◆ **WORK REQUIRED**: Copy the records below verbatim, from the first line through the line containing "tick_count = pure 0;", inclusive, and output nothing else.

Dataset entries:
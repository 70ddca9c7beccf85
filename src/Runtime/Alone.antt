-- ===== src/Runtime/Alone.antt =====
-- A platform on which the caller is the only task, and the driver accepts every packet.
use esp_now_harness.Common.{ℕ, zero, suc, ◌+◌, ltb, if◌then◌else◌, Bool, true, false}
use esp_now_harness.Runtime.{esp_ok, Platform, pure}

-- The slots that are free, and those that the caller has.
pub record Slots : Type 0 where
  pub free : ℕ
  pub mine : ℕ

abbrev pub before : ℕ → ℕ
before zero = zero
before (suc n) = n

abbrev pub take_slot : Slots → Bool × Slots
take_slot s = elim s.free [
  | zero ↦ (false, s)
  | suc n ↦ (true, record { free = n; mine = s.mine + 1 })
]

abbrev pub give_slot : Slots → Slots
give_slot s = record { free = if ltb s.free 32 then s.free + 1 else s.free; mine = before s.mine }

abbrev pub alone : Platform Slots
alone = record {
  semaphore_take = λ ms s. let (taken, w) = take_slot s.world in (taken, record s { world = w });
  semaphore_give = λ s. (tt, record s { world = give_slot s.world });
  timer_get_time = pure 5000;
  now_send = λ mac bytes. pure esp_ok;
  task_delay = λ ms. pure tt;
  delay_us = λ us. pure tt;
  task_yield = pure tt;
  create_generator = pure true;
  tick_count = pure 0;
  ms_to_ticks = λ ms. ms;
  notify_take = λ ms. pure true;
}
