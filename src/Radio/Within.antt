-- ===== src/Radio/Within.antt =====
-- The code of firmware/main/radio.c moves the globals only as the calls of the system do.
use esp_now_harness.Common.{ℕ, zero, suc, List}
use esp_now_harness.Runtime.{is_ok, System, Platform}
use esp_now_harness.Runtime.Frame.{
  Within, Frame, CallsWithin, Within-pure, Within-bind, Within-if, Within-get_node,
}
use esp_now_harness.Radio.{
  radio_acquire_tx, radio_send_acquired, give_slots, take_slots, radio_wait_idle,
}

module _ {W : Type 0} {R : System W → System W → Type 0} (fr : Frame R) (p : Platform W)
    (cw : CallsWithin R p) where
  pub radio_acquire_tx-Within : (ms : ℕ) → Within R (radio_acquire_tx p ms)
  unfolding radio_acquire_tx
  radio_acquire_tx-Within ms = search (Within-bind fr, Within-pure fr, cw.take_within)

  pub radio_send_acquired-Within : (bytes : List ℕ) → Within R (radio_send_acquired p bytes)
  unfolding radio_send_acquired
  radio_send_acquired-Within bytes = Within-bind fr _ _ (Within-get_node fr) λ n.
      Within-bind fr _ _ (cw.send_within n.config.peer_mac bytes) λ e.
        Within-if fr (is_ok e) _ _ (Within-pure fr e)
          (Within-bind fr _ _ cw.give_within λ _. Within-pure fr e)

  pub give_slots-Within : (n : ℕ) → Within R (give_slots p n)
  unfolding give_slots
  give_slots-Within zero = search (Within-pure fr)
  give_slots-Within (suc n) = search (Within-bind fr, cw.give_within, give_slots-Within n)

  pub take_slots-Within : (ms todo acquired : ℕ) → Within R (take_slots p ms todo acquired)
  unfolding take_slots
  take_slots-Within ms zero acquired = search (Within-bind fr, Within-pure fr, give_slots-Within)
  take_slots-Within ms (suc todo) acquired = search (
    Within-bind fr,
    Within-pure fr,
    Within-if fr,
    cw.take_within,
    give_slots-Within,
    take_slots-Within ms todo,
  )

  pub radio_wait_idle-Within : (ms : ℕ) → Within R (radio_wait_idle p ms)
  unfolding radio_wait_idle
  radio_wait_idle-Within ms = search (Within-bind fr, Within-get_node fr, take_slots-Within)
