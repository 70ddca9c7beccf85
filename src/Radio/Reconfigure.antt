-- ===== src/Radio/Reconfigure.antt =====
-- radio_configure of firmware/main/radio.c moves the globals, its window aside, only as the calls of
-- the system and of the driver do.
use esp_now_harness.Common.{ℕ, zero, suc, Bool, true, false, List, Option, none, some}
use esp_now_harness.Harness.{Config}
use esp_now_harness.Runtime.{
  EspErr, esp_ok, esp_err_invalid_state, M, System, Platform, set_tx_window,
}
use esp_now_harness.Runtime.Frame.{
  Within, Frame, CallsWithin, Within-pure, Within-bind, Within-if, Within-get_node,
}
use esp_now_harness.Radio.{RateConfig, make_rate_config, and_then}
use esp_now_harness.Radio.Within.{give_slots-Within, radio_wait_idle-Within}
use esp_now_harness.Radio.Configure.{
  Peer, Driver, try_call, drain_slots, remove_found, remove_peers, set_rate, config_peer,
  apply_settings, reconfigure, drain_and_reconfigure, radio_configure,
}

-- The driver's calls, with what the other tasks do meanwhile.
pub record DriverWithin {W : Type 0} (R : System W → System W → Type 0) (d : Driver W)
    : Type 0 where
  pub fetch_peer_within : Within R d.fetch_peer
  pub del_peer_within : (mac : List ℕ) → Within R (d.del_peer mac)
  pub country_within : (code : List ℕ) → Within R (d.set_country_code code)
  pub band_within : (band : Bool) → Within R (d.set_band_mode band)
  pub channel_within : (channel : ℕ) → Within R (d.set_channel channel)
  pub power_within : (power : ℕ) → Within R (d.set_max_tx_power power)
  pub ps_within : (ps : Bool) → Within R (d.set_ps ps)
  pub pmk_within : (key : List ℕ) → Within R (d.set_pmk key)
  pub add_peer_within : (peer : Peer) → Within R (d.add_peer peer)
  pub rate_within : (mac : List ℕ) (rate : RateConfig) → Within R (d.set_peer_rate_config mac rate)

module _ {W : Type 0} {R : System W → System W → Type 0} (fr : Frame R) (p : Platform W)
    (cw : CallsWithin R p) (d : Driver W) (dw : DriverWithin R d)
    (window_within : (n : ℕ) → Within R (set_tx_window n)) where
  and_then-Within : (e : EspErr) (next : M W EspErr) → Within R next → Within R (and_then e next)
  and_then-Within esp_ok next h = h
  and_then-Within e next h = Within-pure fr e

  try_call-Within :
      (call next : M W EspErr) → Within R call → Within R next → Within R (try_call call next)
  try_call-Within call next h k = Within-bind fr call _ h λ e. and_then-Within e next k

  drain_slots-Within : (n : ℕ) → Within R (drain_slots p d n)
  unfolding drain_slots
  drain_slots-Within zero = Within-pure fr true
  drain_slots-Within (suc n) =
      Within-bind fr _ _ (cw.take_within zero)
        λ taken. Within-if fr taken _ _ (drain_slots-Within n) (Within-pure fr false)

  remove_found-Within :
      (existing : Option Peer) (more : M W (Unit {0}))
      → Within R more
      → Within R (remove_found p d existing more)
  unfolding remove_found
  remove_found-Within none more h = Within-pure fr tt
  remove_found-Within (some peer) more h =
      Within-bind fr _ _ (dw.del_peer_within peer.peer_addr) λ _. h

  remove_peers-Within : (fuel : ℕ) → Within R (remove_peers p d fuel)
  unfolding remove_peers
  remove_peers-Within zero = Within-pure fr tt
  remove_peers-Within (suc fuel) =
      Within-bind fr _ _ dw.fetch_peer_within
        λ existing. remove_found-Within existing _ (remove_peers-Within fuel)

  set_rate-Within : (mac : List ℕ) (rate : Option RateConfig) → Within R (set_rate p d mac rate)
  unfolding set_rate
  set_rate-Within mac none = Within-pure fr _
  set_rate-Within mac (some rate) = dw.rate_within mac rate

  apply_settings-Within : (config : Config) → Within R (apply_settings p d config)
  unfolding apply_settings
  apply_settings-Within config = try_call-Within _ _ (dw.country_within config.country) (
      try_call-Within _ _ (dw.band_within config.band_5ghz) (
        try_call-Within _ _ (dw.channel_within config.channel) (
          try_call-Within _ _ (dw.power_within config.tx_power_qdbm) (
            try_call-Within _ _ (dw.ps_within config.power_save) (
              try_call-Within _ _
                (Within-if fr config.encryption _ _ (dw.pmk_within config.key)
                  (Within-pure fr esp_ok))
                (try_call-Within _ _ (dw.add_peer_within (config_peer p d config))
                  (set_rate-Within config.peer_mac (make_rate_config config))))))))

  reconfigure-Within : (fuel : ℕ) (config : Config) → Within R (reconfigure p d fuel config)
  unfolding reconfigure
  reconfigure-Within fuel config = Within-bind fr _ _ (window_within config.tx_window) λ _.
      Within-bind fr _ _ (give_slots-Within fr p cw config.tx_window)
        λ _. Within-bind fr _ _ (remove_peers-Within fuel) λ _. apply_settings-Within config

  drain_and_reconfigure-Within :
      (fuel : ℕ) (config : Config) → Within R (drain_and_reconfigure p d fuel config)
  unfolding drain_and_reconfigure
  drain_and_reconfigure-Within fuel config = Within-bind fr _ _ (Within-get_node fr) λ n.
      Within-bind fr _ _ (drain_slots-Within n.current_tx_window) λ drained.
        Within-if fr drained _ _ (reconfigure-Within fuel config)
          (Within-pure fr esp_err_invalid_state)

  pub radio_configure-Within : (fuel : ℕ) → Within R (radio_configure p d fuel)
  unfolding radio_configure
  radio_configure-Within fuel = Within-bind fr _ _ (Within-get_node fr) λ n.
      try_call-Within _ _ (radio_wait_idle-Within fr p cw 1000)
        (drain_and_reconfigure-Within fuel n.config)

◆ **WRITTEN REPLY**:
repository 70ddca9c7beccf85
filename src/Runtime/Alone.antt
-- ===== src/Runtime/Alone.antt =====
-- A platform on which the caller is the only task, and the driver accepts every packet.
use esp_now_harness.Common.{ℕ, zero, suc, ◌+◌, ltb, if◌then◌else◌, Bool, true, false}
use esp_now_harness.Runtime.{esp_ok, Platform, pure}

-- The slots that are free, and those that the caller has.
pub record Slots : Type 0 where
  pub free : ℕ
  pub mine : ℕ

abbrev pub before : ℕ → ℕ
before zero = zero
before (suc n) = n

abbrev pub take_slot : Slots → Bool × Slots
take_slot s = elim s.free [
  | zero ↦ (false, s)
  | suc n ↦ (true, record { free = n; mine = s.mine + 1 })
]

abbrev pub give_slot : Slots → Slots
give_slot s = record { free = if ltb s.free 32 then s.free + 1 else s.free; mine = before s.mine }

abbrev pub alone : Platform Slots
alone = record {
  semaphore_take = λ ms s. let (taken, w) = take_slot s.world in (taken, record s { world = w });
  semaphore_give = λ s. (tt, record s { world = give_slot s.world });
  timer_get_time = pure 5000;
  now_send = λ mac bytes. pure esp_ok;
  task_delay = λ ms. pure tt;
  delay_us = λ us. pure tt;
  task_yield = pure tt;
  create_generator = pure true;
  tick_count = pure 0;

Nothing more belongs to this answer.